Retype the records that follow, every line exactly as written.

# RECORDS FOR THIS EXERCISE
"""

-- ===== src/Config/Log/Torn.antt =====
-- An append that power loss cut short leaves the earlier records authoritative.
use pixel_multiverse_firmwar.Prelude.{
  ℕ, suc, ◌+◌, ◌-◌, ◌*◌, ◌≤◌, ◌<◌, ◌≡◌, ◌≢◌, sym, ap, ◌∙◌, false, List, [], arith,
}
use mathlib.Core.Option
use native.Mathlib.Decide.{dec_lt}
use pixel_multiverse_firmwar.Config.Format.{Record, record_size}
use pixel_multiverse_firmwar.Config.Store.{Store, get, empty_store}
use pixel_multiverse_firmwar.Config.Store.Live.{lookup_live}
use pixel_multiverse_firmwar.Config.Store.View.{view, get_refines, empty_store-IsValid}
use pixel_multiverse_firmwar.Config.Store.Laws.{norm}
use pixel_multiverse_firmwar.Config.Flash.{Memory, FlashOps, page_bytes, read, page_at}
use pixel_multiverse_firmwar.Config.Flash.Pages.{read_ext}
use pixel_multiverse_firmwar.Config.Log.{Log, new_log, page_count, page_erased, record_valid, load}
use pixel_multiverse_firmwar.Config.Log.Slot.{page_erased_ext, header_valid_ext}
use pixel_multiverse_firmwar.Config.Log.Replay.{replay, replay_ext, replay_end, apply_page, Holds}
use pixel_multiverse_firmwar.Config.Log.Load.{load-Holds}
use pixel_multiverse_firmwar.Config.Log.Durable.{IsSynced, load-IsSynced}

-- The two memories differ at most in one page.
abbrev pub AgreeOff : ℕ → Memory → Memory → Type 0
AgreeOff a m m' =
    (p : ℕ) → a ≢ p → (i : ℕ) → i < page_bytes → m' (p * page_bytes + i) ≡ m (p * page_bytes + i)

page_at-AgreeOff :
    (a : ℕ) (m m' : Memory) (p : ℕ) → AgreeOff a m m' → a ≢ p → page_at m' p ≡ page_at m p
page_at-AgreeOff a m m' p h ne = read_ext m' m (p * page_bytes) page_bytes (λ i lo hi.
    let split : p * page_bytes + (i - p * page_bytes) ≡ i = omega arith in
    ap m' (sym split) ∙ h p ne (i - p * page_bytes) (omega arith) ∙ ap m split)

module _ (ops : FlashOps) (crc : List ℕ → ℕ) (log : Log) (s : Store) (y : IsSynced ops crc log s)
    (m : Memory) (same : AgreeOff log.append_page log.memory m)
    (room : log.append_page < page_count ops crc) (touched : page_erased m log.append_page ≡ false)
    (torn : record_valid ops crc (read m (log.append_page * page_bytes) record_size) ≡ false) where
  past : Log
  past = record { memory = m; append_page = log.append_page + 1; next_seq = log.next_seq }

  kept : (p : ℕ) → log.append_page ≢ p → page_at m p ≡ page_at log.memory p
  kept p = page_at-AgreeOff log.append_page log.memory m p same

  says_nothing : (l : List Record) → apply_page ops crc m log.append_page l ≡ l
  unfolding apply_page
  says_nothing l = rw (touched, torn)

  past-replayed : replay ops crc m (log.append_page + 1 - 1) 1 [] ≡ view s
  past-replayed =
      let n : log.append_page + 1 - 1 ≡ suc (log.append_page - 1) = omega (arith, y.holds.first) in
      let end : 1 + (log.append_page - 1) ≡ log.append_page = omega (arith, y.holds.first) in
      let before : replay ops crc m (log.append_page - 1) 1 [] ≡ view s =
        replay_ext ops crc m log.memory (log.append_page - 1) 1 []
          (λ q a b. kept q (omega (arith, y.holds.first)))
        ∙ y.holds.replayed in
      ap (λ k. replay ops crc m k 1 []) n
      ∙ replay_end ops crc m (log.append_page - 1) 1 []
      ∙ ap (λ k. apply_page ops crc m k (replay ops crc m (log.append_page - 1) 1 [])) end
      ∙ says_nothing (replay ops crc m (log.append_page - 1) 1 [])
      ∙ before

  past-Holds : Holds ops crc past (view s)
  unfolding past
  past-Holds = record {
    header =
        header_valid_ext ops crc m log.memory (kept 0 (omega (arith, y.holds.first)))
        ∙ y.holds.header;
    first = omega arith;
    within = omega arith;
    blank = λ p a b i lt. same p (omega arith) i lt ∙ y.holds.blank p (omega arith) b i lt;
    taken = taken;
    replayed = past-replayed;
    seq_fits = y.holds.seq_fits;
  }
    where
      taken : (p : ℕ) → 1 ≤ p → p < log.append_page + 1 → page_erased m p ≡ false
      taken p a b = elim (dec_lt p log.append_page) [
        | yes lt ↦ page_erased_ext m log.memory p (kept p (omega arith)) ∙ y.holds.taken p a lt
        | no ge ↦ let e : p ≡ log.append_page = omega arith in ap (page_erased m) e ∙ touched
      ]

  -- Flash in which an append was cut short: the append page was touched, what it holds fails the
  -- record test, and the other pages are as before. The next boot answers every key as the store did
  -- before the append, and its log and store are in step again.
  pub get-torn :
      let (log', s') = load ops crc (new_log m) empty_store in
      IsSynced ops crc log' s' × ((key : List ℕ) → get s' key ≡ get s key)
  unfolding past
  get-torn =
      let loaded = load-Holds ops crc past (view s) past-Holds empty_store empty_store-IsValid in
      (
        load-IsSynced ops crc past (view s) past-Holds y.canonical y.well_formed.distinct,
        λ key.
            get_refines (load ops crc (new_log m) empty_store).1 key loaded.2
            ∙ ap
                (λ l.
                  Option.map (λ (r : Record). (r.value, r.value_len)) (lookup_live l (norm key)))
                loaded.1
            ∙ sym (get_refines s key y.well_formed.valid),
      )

"""

# RESPONSE AREA
-- ===== src/Config/Log/Torn.antt =====
-- An append that power loss cut short leaves the earlier records authoritative.
use pixel_multiverse_firmwar.Prelude.{
  ℕ, suc, ◌+◌, ◌-◌, ◌*◌, ◌≤◌, ◌<◌, ◌≡◌, ◌≢◌, sym, ap, ◌∙◌, false, List, [], arith,
}
use mathlib.Core.Option
use native.Mathlib.Decide.{dec_lt}
use pixel_multiverse_firmwar.Config.Format.{Record, record_size}
use pixel_multiverse_firmwar.Config.Store.{Store, get, empty_store}
use pixel_multiverse_firmwar.Config.Store.Live.{lookup_live}
use pixel_multiverse_firmwar.Config.Store.View.{view, get_refines, empty_store-IsValid}
use pixel_multiverse_firmwar.Config.Store.Laws.{norm}
use pixel_multiverse_firmwar.Config.Flash.{Memory, FlashOps, page_bytes, read, page_at}
use pixel_multiverse_firmwar.Config.Flash.Pages.{read_ext}
use pixel_multiverse_firmwar.Config.Log.{Log, new_log, page_count, page_erased, record_valid, load}
use pixel_multiverse_firmwar.Config.Log.Slot.{page_erased_ext, header_valid_ext}
use pixel_multiverse_firmwar.Config.Log.Replay.{replay, replay_ext, replay_end, apply_page, Holds}
use pixel_multiverse_firmwar.Config.Log.Load.{load-Holds}
use pixel_multiverse_firmwar.Config.Log.Durable.{IsSynced, load-IsSynced}

-- The two memories differ at most in one page.
abbrev pub AgreeOff : ℕ → Memory → Memory → Type 0
AgreeOff a m m' =
    (p : ℕ) → a ≢ p → (i : ℕ) → i < page_bytes → m' (p * page_bytes + i) ≡ m (p * page_bytes + i)

page_at-AgreeOff :
    (a : ℕ) (m m' : Memory) (p : ℕ) → AgreeOff a m m' → a ≢ p → page_at m' p ≡ page_at m p
page_at-AgreeOff a m m' p h ne = read_ext m' m (p * page_bytes) page_bytes (λ i lo hi.
    let split : p * page_bytes + (i - p * page_bytes) ≡ i = omega arith in
    ap m' (sym split) ∙ h p ne (i - p * page_bytes) (omega arith) ∙ ap m split)

module _ (ops : FlashOps) (crc : List ℕ → ℕ) (log : Log) (s : Store) (y : IsSynced ops crc log s)
    (m : Memory) (same : AgreeOff log.append_page log.memory m)
    (room : log.append_page < page_count ops crc) (touched : page_erased m log.append_page ≡ false)
    (torn : record_valid ops crc (read m (log.append_page * page_bytes) record_size) ≡ false) where
  past : Log
  past = record { memory = m; append_page = log.append_page + 1; next_seq = log.next_seq }

  kept : (p : ℕ) → log.append_page ≢ p → page_at m p ≡ page_at log.memory p
  kept p = page_at-AgreeOff log.append_page log.memory m p same

  says_nothing : (l : List Record) → apply_page ops crc m log.append_page l ≡ l
  unfolding apply_page
  says_nothing l = rw (touched, torn)

  past-replayed : replay ops crc m (log.append_page + 1 - 1) 1 [] ≡ view s
  past-replayed =
      let n : log.append_page + 1 - 1 ≡ suc (log.append_page - 1) = omega (arith, y.holds.first) in
      let end : 1 + (log.append_page - 1) ≡ log.append_page = omega (arith, y.holds.first) in
      let before : replay ops crc m (log.append_page - 1) 1 [] ≡ view s =
        replay_ext ops crc m log.memory (log.append_page - 1) 1 []
          (λ q a b. kept q (omega (arith, y.holds.first)))
        ∙ y.holds.replayed in
      ap (λ k. replay ops crc m k 1 []) n
      ∙ replay_end ops crc m (log.append_page - 1) 1 []
      ∙ ap (λ k. apply_page ops crc m k (replay ops crc m (log.append_page - 1) 1 [])) end
      ∙ says_nothing (replay ops crc m (log.append_page - 1) 1 [])
      ∙ before

  past-Holds : Holds ops crc past (view s)
  unfolding past
  past-Holds = record {
    header =
        header_valid_ext ops crc m log.memory (kept 0 (omega (arith, y.holds.first)))
        ∙ y.holds.header;
    first = omega arith;
    within = omega arith;
    blank = λ p a b i lt. same p (omega arith) i lt ∙ y.holds.blank p (omega arith) b i lt;
    taken = taken;
    replayed = past-replayed;
    seq_fits = y.holds.seq_fits;
  }
    where
      taken : (p : ℕ) → 1 ≤ p → p < log.append_page + 1 → page_erased m p ≡ false
      taken p a b = elim (dec_lt p log.append_page) [
        | yes lt ↦ page_erased_ext m log.memory p (kept p (omega arith)) ∙ y.holds.taken p a lt
        | no ge ↦ let e : p ≡ log.append_page = omega arith in ap (page_erased m) e ∙ touched
      ]

  -- Flash in which an append was cut short: the append page was touched, what it holds fails the
  -- record test, and the other pages are as before. The next boot answers every key as the store did
  -- before the append, and its log and store are in step again.
  pub get-torn :
      let (log', s') = load ops crc (new_log m) empty_store in
      IsSynced ops crc log' s' × ((key : List ℕ) → get s' key ≡ get s key)
  unfolding past
  get-torn =
      let loaded = load-Holds ops crc past (view s) past-Holds empty_store empty_store-IsValid in
      (
        load-IsSynced ops crc past (view s) past-Holds y.canonical y.well_formed.distinct,
        λ key.
            get_refines (load ops crc (new_log m) empty_store).1 key loaded.2
            ∙ ap
                (λ l.
                  Option.map (λ (r : Record). (r.value, r.value_len)) (lookup_live l (norm key)))
                loaded.1
            ∙ sym (get_refines s key y.well_formed.valid),
      )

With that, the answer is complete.